VW recommends crimps for repairs, instead of soldering.

Also, the ILL(umination), you connect to the headlight switch. gray/blue wire (see the boost gauge install threads).


----------



## cipher7 (Jul 16, 2007)

BsickPassat said:


> from the video... you can use the "hack", but you should really use one of those add-a-fuse kits to the existing fuse.
> 
> VW recommends crimps for repairs, instead of soldering.
> 
> Also, the ILL(umination), you connect to the headlight switch. gray/blue wire (see the boost gauge install threads).


Thanks, BsickPassat. So it sounds like the following is considered best practice:

1) Use an add-a-fuse kit rather than running a wire directly to the fuse (which is considered the "hack" approach)
2) When making the wiring connections, crimp the connections rather than solder them (as per VW)

Also, I'm not sure I understand your last line about ILL(umination) and the headlight switch. Doesn't the harness adaptor allow the HU to light up once it's connected?


----------



## BsickPassat (May 10, 2010)

cipher7 said:


> Also, I'm not sure I understand your last line about ILL(umination) and the headlight switch. Doesn't the harness adaptor allow the HU to light up once it's connected?


not necessarily.

assuming that everything is lit.... at night, the screen and buttons would not dim down.


----------



## Boogie_manVR6 (Dec 31, 2013)

Don't forget about the K-Line that runs in the factory radio harness. If the K-Line isn't removed from the harness pin you can get trouble when doing a VAG-COM scan. It can actually damage a VAG-Scan Tool. Research it before you proceed.


----------



## BsickPassat (May 10, 2010)

Boogie_manVR6 said:


> Don't forget about the K-Line that runs in the factory radio harness.
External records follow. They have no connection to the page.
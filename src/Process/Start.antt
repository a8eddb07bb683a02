-- ===== src/Process/Start.antt =====
-- What `syscall_execute` leaves behind when the program cannot be started, and when it is.
use my_linux_os.Common.{
  ℕ, zero, suc, ◌≡◌, ◌≢◌, refl, sym, ap, ◌∙◌, inl, inr, List, [], ◌∷◌, none, some, false, ◌>>=◌,
  get_elem?, set, arith, Mem, Option-cases,
}
use my_linux_os.Common.Int.{ℤ, pos, negsuc, minus_one}
use my_linux_os.FileSys.{FileSys, Dentry, read_dentry_by_name, read_data}
use my_linux_os.Terminal.{Console}
use my_linux_os.Kernel.{Kernel, memory}
use my_linux_os.Process.{
  Frame, returned, count_on, find_and_load, syscall_execute, give_up, is_elf, overwrite,
}
use my_linux_os.Descriptors.Close.{some_injective}
use my_linux_os.Kernel.Blocks.{set_pcb_other}
use my_linux_os.Process.Claim.{Starts, started, syscall_execute-started}

pub count_on-screen : (t : ℤ) (c d : Console) → count_on t c ≡ some d → d.screen ≡ c.screen
unfolding count_on
count_on-screen (negsuc n) c d h = ground arith
count_on-screen (pos i) c d h = elim (Option-cases (get_elem? c.term_blk i)) [
  | inl e ↦ ground arith
  | inr (t, e) ↦ ap (λ (o : Console). o.screen) (sym (some_injective (rw (e, ◌>>=◌) at h)))
]

-- No program can be started from the file that the name leads to, if any.
pub data Unusable (f : Frame) (m : Mem) (fs : FileSys) (exe : List ℕ) : Type 0 where
  missing : read_dentry_by_name m fs (some exe) ≡ some none → Unusable f m fs exe
  unreadable :
      (e : Dentry)
      → read_dentry_by_name m fs (some exe) ≡ some (some e)
      → (read_data m fs e.inode 0 false 4).0 ≡ minus_one
      → Unusable f m fs exe
  no_program :
      (e : Dentry)
      → read_dentry_by_name m fs (some exe) ≡ some (some e)
      → is_elf (overwrite (read_data m fs e.inode 0 false 4).1 f.buffer) ≡ false
      → Unusable f m fs exe

find_and_load-Unusable :
    (f : Frame) (exe : List ℕ) (k : Kernel)
    → Unusable f (memory k) k.fs exe
    → find_and_load f exe k ≡ some (give_up k)
unfolding find_and_load
find_and_load-Unusable f exe k (missing none_of) = rw (none_of, ◌>>=◌) refl
find_and_load-Unusable f exe k (unreadable e found fails) = rw (found, ◌>>=◌, fails) refl
find_and_load-Unusable f exe k (no_program e found other) = rw (found, ◌>>=◌, other) (ground arith)

pub set_back : (used : List ℕ) (i : ℕ) → get_elem? used i ≡ some 0 → set (set used i 1) i 0 ≡ used
set_back [] i h = refl
set_back (u ∷ used) zero h = ground arith
set_back (u ∷ used) (suc i) h = ap (◌∷◌ u) (set_back used i h)

-- `syscall_execute` with a free process number and a command line that can be taken apart, when no file
-- has the name, when the file cannot be read, or when it does not begin with the four bytes of a
-- program: it returns -1, and the process table, the page tables, the screen, the stack of the kernel
-- and every control block but that of the number it tried are as before. The global `pid` is
-- left at that number.
pub syscall_execute-Unusable :
    (f : Frame) (command : List ℕ) (k : Kernel) (i : ℕ) (c : Console) (exe args : List ℕ)
    → Starts f command k i c exe args
    → Unusable f (memory k) k.fs exe
    → (k' : Kernel) × (syscall_execute f command k ≡ some (returned minus_one k'))
      × (k'.pid_array ≡ k.pid_array)
      × (k'.paging ≡ k.paging)
      × (k'.console.screen ≡ k.console.screen)
      × (k'.esp0 ≡ k.esp0)
      × ((j : ℕ) → j ≢ i → k'.pcbs j ≡ k.pcbs j)
      × (k'.pid ≡ i)
syscall_execute-Unusable f command k i c exe args h bad =
    let same : c.screen ≡ k.console.screen =
      count_on-screen k.console.screen.curr_active_terminal k.console c h.counted in
    let k0 = started i c args k in
    (
      record k0 { pid_array = set k0.pid_array i 0 },
      syscall_execute-started f command k i c exe args h
          ∙ find_and_load-Unusable f exe k0 (rw same bad),
      set_back k.pid_array i h.number.free,
      refl,
      same,
      refl,
      λ j other. set_pcb_other i j _ _ other ∙ set_pcb_other i j _ _ other,
      refl,
    )
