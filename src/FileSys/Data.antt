-- ===== src/FileSys/Data.antt =====
-- `read_data` against random access to the file's blocks.
use my_linux_os.Common.{
  ℕ, zero, suc, ◌+◌, ◌-◌, ◌*◌, ◌/◌, ◌%◌, ◌^◌, ◌≤◌, ◌<◌, min, ◌≡◌, refl, ap, ◌≢◌, List, [], ◌∷◌,
  ◌++◌, Bool, true, false, arith, length, leb, ◌==◌, if◌then◌else◌, Bool-cases, ◌⊎◌, inl, inr, Mem,
}
use my_linux_os.Common.Int.{pos, minus_one, signed32}
use my_linux_os.FileSys.{
  FileSys, read_data, read_loop, block_byte, block_4kb, file_length, total_inodes,
}

-- Byte `k` of a file: byte `k % 4096` of the block in slot `k / 4096`.
abbrev pub file_byte : Mem → FileSys → ℕ → ℕ → ℕ
file_byte m fs inode k = block_byte m fs inode (k / block_4kb) (k % block_4kb)

-- The `n` bytes of a file from byte `k` on.
abbrev pub file_bytes : Mem → FileSys → ℕ → ℕ → ℕ → List ℕ
file_bytes m fs inode k zero = []
file_bytes m fs inode k (suc n) = file_byte m fs inode k ∷ file_bytes m fs inode (k + 1) n

-- How many bytes a read of `len` at `offset` can give.
abbrev pub available : Mem → FileSys → ℕ → ℕ → ℕ → ℕ
available m fs inode offset len = min len (file_length m fs inode - offset)

pub length-file_bytes :
    (m : Mem) (fs : FileSys) (inode k n : ℕ) → length (file_bytes m fs inode k n) ≡ n
length-file_bytes m fs inode k zero = refl
length-file_bytes m fs inode k (suc n) = ap suc (length-file_bytes m fs inode (k + 1) n)

module _ (m : Mem) (fs : FileSys) (inode : ℕ) where
  -- The loop walks the slots as division and remainder by the block size do. Its second index may
  -- stand one past a block: then the next round moves to the next slot.
  read_loop_lem :
      (n at slot offset : ℕ)
      → at + n ≤ 2 ^ 32
      → slot * block_4kb + offset ≡ at
      → offset ≤ block_4kb
      → read_loop m fs inode n at slot offset
        ≡ file_bytes m fs inode at (min n (file_length m fs inode - at))
  unfolding read_loop
  read_loop_lem zero at slot offset hw hs ho =
      let nothing : min 0 (file_length m fs inode - at) ≡ 0 = omega arith in rw nothing
  read_loop_lem (suc n) at slot offset hw hs ho =
      elim (Bool-cases (leb (file_length m fs inode) (at % 2 ^ 32))) [
        | inl past ↦
            let none_left : min (suc n) (file_length m fs inode - at) ≡ 0 = ground arith in
            rw (none_left, past, read_loop)
        | inr more ↦
            let left : min (suc n) (file_length m fs inode - at)
                ≡ suc (min n (file_length m fs inode - (at + 1))) =
              ground arith in
            rw (left, more, read_loop)
              (elim (Bool-cases (leb block_4kb offset)) [
                | inl next ↦
                    let slot_is : at / block_4kb ≡ slot + 1 = ground arith in
                    let offset_is : at % block_4kb ≡ 0 = ground arith in
                    rw (next, slot_is, offset_is)
                      (ap (◌∷◌ (block_byte m fs inode (slot + 1) 0)) (
                        read_loop_lem n (at + 1) (slot + 1) (0 + 1) (omega arith) (ground arith)
                          (omega arith)))
                | inr same ↦
                    let slot_is : at / block_4kb ≡ slot = ground arith in
                    let offset_is : at % block_4kb ≡ offset = ground arith in
                    rw (same, slot_is, offset_is)
                      (ap (◌∷◌ (block_byte m fs inode slot offset)) (
                        read_loop_lem n (at + 1) slot (offset + 1) (omega arith) (ground arith)
                          (ground arith)))
              ])
      ]

  -- On a file with an inode number other than 0 and inside the inode table, a read to a buffer that is
  -- not null and that does not pass the end of the 32-bit
  -- offsets returns the number of bytes up to the requested length or the end of the file, and
  -- stores exactly those bytes of the file, in whatever blocks they lie.
  pub read_data_lem :
      (offset len : ℕ)
      → inode ≢ 0
      → inode < total_inodes m fs
      → offset + len ≤ 2 ^ 32
      → let n = available m fs inode offset len in
        read_data m fs inode offset false len ≡ (signed32 n, file_bytes m fs inode offset n)
  unfolding read_data
  read_data_lem offset len hi ht hw = ground (
    arith,
    length-file_bytes m fs inode offset (available m fs inode offset len),
    read_loop_lem len offset (offset / block_4kb) (offset % block_4kb) hw (omega arith)
        (omega arith),
  )

  -- A read of length 0 returns 0; any other with inode 0, an inode past the table or a null buffer
  -- returns -1. Neither stores anything.
  read_data_refuses :
      (offset len : ℕ) (null : Bool)
      → (len ≡ 0) ⊎ ((inode ≡ 0) ⊎ ((null ≡ true) ⊎ (total_inodes m fs ≤ inode)))
      → read_data m fs inode offset null len ≡ ((if len == 0 then pos 0 else minus_one), [])
  unfolding read_data
  read_data_refuses offset len null h = ground arith

  pub file_bytes-append :
      (k a b : ℕ)
      → file_bytes m fs inode k a ++ file_bytes m fs inode (k + a) b
        ≡ file_bytes m fs inode k (a + b)
  file_bytes-append k zero b =
      let here : k + 0 ≡ k = omega arith in let count : 0 + b ≡ b = omega arith in rw (here, count)
  file_bytes-append k (suc a) b =
      let here : k + suc a ≡ k + 1 + a = omega arith in
      let count : suc a + b ≡ suc (a + b) = omega arith in
      rw (here, count) (ap (◌∷◌ (file_byte m fs inode k)) (file_bytes-append (k + 1) a b))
If the K-Line isn't removed from the harness pin you can get trouble when doing a VAG-COM scan. It can actually damage a VAG-Scan Tool. Research it before you proceed.


technically it's CAN+ and CAN-

the newer harnesses are usually good about not having any pins there.


----------



## Boogie_manVR6 (Dec 31, 2013)

BsickPassat said:


> technically it's CAN+ and CAN-
> 
> the newer harnesses are usually good about not having any pins there.



Thanks for clearing that up. I believe some models like 2003 & 2004 still have it in the harness, that's why I recommended for that to be taken note of as well. Always good to be on the safe side.


----------



## BsickPassat (May 10, 2010)

Boogie_manVR6 said:


> Thanks for clearing that up. I believe some models like 2003 & 2004 still have it in the harness, that's why I recommended for that to be taken note of as well. Always good to be on the safe side.


double din = CAN-BUS
single din = K-line


----------



## cipher7 (Jul 16, 2007)

BsickPassat said:


> not necessarily.
> 
> assuming that everything is lit.... at night, the screen and buttons would not dim down.


Thanks for this as I hadn't come across this issue during my reading. I'd definitely want my HU to dim if I dim the lights in the car. I'll track down a thread that describes how this is properly done.


----------



## cipher7 (Jul 16, 2007)

Another question I have is do I need a Double DIN Installation Dash Kit, like the one linked below, to properly secure my HU and the spacer pocket? 

http://metraonline.com/part/95-9012


----------



## BsickPassat (May 10, 2010)

cipher7 said:


> Another question I have is do I need a Double DIN Installation Dash Kit, like the one linked below, to properly secure my HU and the spacer pocket?
> 
> http://metraonline.com/part/95-9012


No. You're installing a single din HU


Sent from my iPhone. There may be horrible grammar and misspelling involved


----------



## cipher7 (Jul 16, 2007)

BsickPassat said:


> No. You're installing a single din HU
> 
> 
> Sent from my iPhone. There may be horrible grammar and misspelling involved


Thanks again, BsickPassat. You've really helped me here.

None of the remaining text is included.